Right here’s an instance of how Question Reward works. Suppose a consumer has two PinnerSAGE clusters: one giant cluster associated to Recipes, and one small cluster associated to Furnishings. We initially present the consumer plenty of recipe pins, however the consumer doesn’t have interaction with them. Question Reward can seize that the Recipes cluster has many impressions however no future engagement. Due to this fact, the longer term reward, which is calculated by the engagement fee of the cluster, will regularly drop and we may have a larger likelihood to pick out the small Furnishings cluster. If we present the consumer a number of Furnishings pins they usually have interaction with them, Question Reward will enhance the chance that we choose the Furnishings cluster sooner or later.

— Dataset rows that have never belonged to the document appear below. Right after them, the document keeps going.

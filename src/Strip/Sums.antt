-- ===== src/Strip/Sums.antt =====
-- ui/src/runStrip.ts: a push, and the sums over the buckets.
use kaja.Prelude.{
  ℕ, suc, ◌+◌, ◌≤◌, ◌<◌, ◌≡◌, refl, String, true, false, some, length, leb, arith, Bool-cases, inl,
  inr, sum_by-append, length-append,
}
use kaja.Strip.{
  RunStrip, bucket_calls, bucket_failures, merge_every, merge, has_room, push_fuel, push,
  place_last, place_new,
}
use kaja.Strip.Fill.{
  WellFilled, bump_last-WellFilled, append-WellFilled, merge_fuel-WellFilled, sum_by-merge_fuel,
  length-merge_fuel,
}

pub record Fits (s : RunStrip) : Type 0 where
  pub room : length s.buckets ≤ 200
  pub capacity : 1 ≤ s.capacity
  pub filled : WellFilled s.capacity s.buckets

gt-leb : (n : ℕ) → n < 200 → leb 200 n ≡ false
gt-leb n h = ground arith

-- What a push does: one call more, and nothing else that the strip counts.
pub record Pushed (s t : RunStrip) : Type 0 where
  pub fits : Fits t
  pub calls : bucket_calls t.buckets ≡ bucket_calls s.buckets + 1
  pub failures : bucket_failures t.buckets ≡ bucket_failures s.buckets
  pub of : t.of ≡ s.of
  pub total : t.calls ≡ s.calls
  pub failed : t.failures ≡ s.failures

place_last-Pushed :
    (s : RunStrip) → Fits s → has_room s.buckets s.capacity ≡ true → Pushed s (place_last s)
place_last-Pushed s h roomy =
    let (w, n, f, l) = bump_last-WellFilled s.capacity s.buckets h.filled roomy in
    record {
      fits = record { room = omega arith; capacity = h.capacity; filled = w };
      calls = n;
      failures = f;
      of = refl;
      total = refl;
      failed = refl;
    }

module _ (item_id method : String) where
  place_new-Pushed :
      (s : RunStrip)
      → Fits s
      → has_room s.buckets s.capacity ≡ false
      → length s.buckets < 200
      → Pushed s (place_new item_id method s)
  place_new-Pushed s h full short = record {
    fits = record {
      room = rw length-append (omega arith);
      capacity = h.capacity;
      filled = append-WellFilled s.capacity s.buckets _ h.filled full refl h.capacity;
    };
    calls = rw sum_by-append (omega arith);
    failures = rw sum_by-append (omega arith);
    of = refl;
    total = refl;
    failed = refl;
  }

  -- A merge leaves at most half of the buckets, as well filled at twice the capacity.
  merge-Fits : (s : RunStrip) → Fits s → Fits (merge s) × (length (merge s).buckets ≤ 100)
  unfolding merge merge_every
  merge-Fits s h =
      let short = length-merge_fuel (length s.buckets) 2 s.buckets (omega arith) in
      (
        record {
          room = omega arith;
          capacity = omega arith;
          filled =
              merge_fuel-WellFilled s.capacity (length s.buckets) s.buckets (omega arith) h.filled;
        },
        omega arith,
      )

  merge-Pushed : (s t : RunStrip) → Pushed (merge s) t → Pushed s t
  unfolding merge merge_every
  merge-Pushed s t h =
      let (calls, failures) =
        sum_by-merge_fuel (length s.buckets) 2 s.buckets (omega arith) (omega arith) in
      record {
        fits = h.fits;
        calls = omega arith;
        failures = omega arith;
        of = h.of;
        total = h.total;
        failed = h.failed;
      }

  push_fuel_room :
      (fuel : ℕ) (s : RunStrip)
      → Fits s
      → length s.buckets < 200
      → (t : RunStrip) × (push_fuel (suc fuel) item_id method s ≡ some t) × Pushed s t
  unfolding push_fuel
  push_fuel_room fuel s h short = elim (Bool-cases (has_room s.buckets s.capacity)) [
    | inl roomy ↦ (place_last s, rw roomy, place_last-Pushed s h roomy)
    | inr full ↦ (
      place_new item_id method s,
      rw (full, gt-leb (length s.buckets) short),
      place_new-Pushed s h full short,
    )
  ]

  -- Two rounds are always enough: the merge of the first one makes room for the second.
  pub push_fuel_total :
      (s : RunStrip)
      → Fits s
      → (t : RunStrip) × (push_fuel 2 item_id method s ≡ some t) × Pushed s t
  push_fuel_total s h = elim (Bool-cases (leb 200 (length s.buckets))) [
    | inr short ↦ push_fuel_room 1 s h (ground arith)
    | inl many ↦ elim (Bool-cases (has_room s.buckets s.capacity)) [
      | inl roomy ↦ (place_last s, unfold push_fuel in rw roomy, place_last-Pushed s h roomy)
      | inr full ↦
          let (m, few) = merge-Fits s h in
          let (t, e, p) = push_fuel_room 0 (merge s) m (omega arith) in
          (t, unfold push_fuel in rw (full, many) e, merge-Pushed s t p)
    ]
  ]

  pub push-Pushed : (s : RunStrip) → Fits s → Pushed s (push item_id method s)
  unfolding push
  push-Pushed s h = let (t, e, p) = push_fuel_total s h in rw e p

Due to this fact, with the assistance of Question Reward, we’re capable of construct a suggestions loop based mostly on customers’ engagement charges and higher choose the question for candidate technology.

Some clusters could not have any engagement (e.g. an empty Question Reward). This may very well be as a result of:

  • The cluster was engaged a very long time in the past so it didn’t have an opportunity to be chosen just lately
  • The cluster is a brand new use case for customers, so we don’t have a lot document within the reward

When clusters wouldn’t have any engagement, we are going to give them a mean weight in order that there’ll nonetheless be an opportunity for them to be uncovered to the customers. After the subsequent run of the Question Reward workflow, we are going to get extra details about the unexposed clusters and determine whether or not we are going to choose them subsequent time.

Graphic: Reward the new engagement to its query in offline workflow to Query Pins (repins, clicks, closeups) to Homefeed Recommendations to User (New Recommendations are generated from queries) to Future engagements (future repins, clicks, closeups) with Feedback Loop arrow in the center of the flow map.
Determine 3. Constructing a suggestions loop based mostly on Question Reward
  • Pinterest, as a platform to carry inspirations, wish to give Pinners customized suggestions as a lot as we will. Taking customers’ downstream suggestions like each constructive and adverse engagements is what we need to prioritize. Sooner or later iterations, we are going to contemplate extra engagement varieties slightly than repin to construct a consumer profile.
  • To be able to maximize the Pinterest utilization effectivity, as an alternative of constructing the offline Question Reward, we need to transfer to a realtime model to counterpoint the sign for profiling amongst on-line requests. This may permit the suggestions loop to be extra responsive and immediate, doubtlessly responding to a consumer in the identical Homefeed session as they browse.
  • In addition to the pin based mostly retrieval, we will simply undertake an analogous technique on any token-based retrieval technique.

Due to our collaborators who contributed via discussions, opinions, and solutions: Bowen Deng, Xinyuan Gui, Yitong Zhou, Neng Gu, Minzhe Zhou, Dafang He, Zhaohui Wu, Zhongxian Chen

To study extra about engineering at Pinterest, try the remainder of our Engineering Weblog, and go to our Pinterest Labs website. To discover life at Pinterest, go to our Careers web page.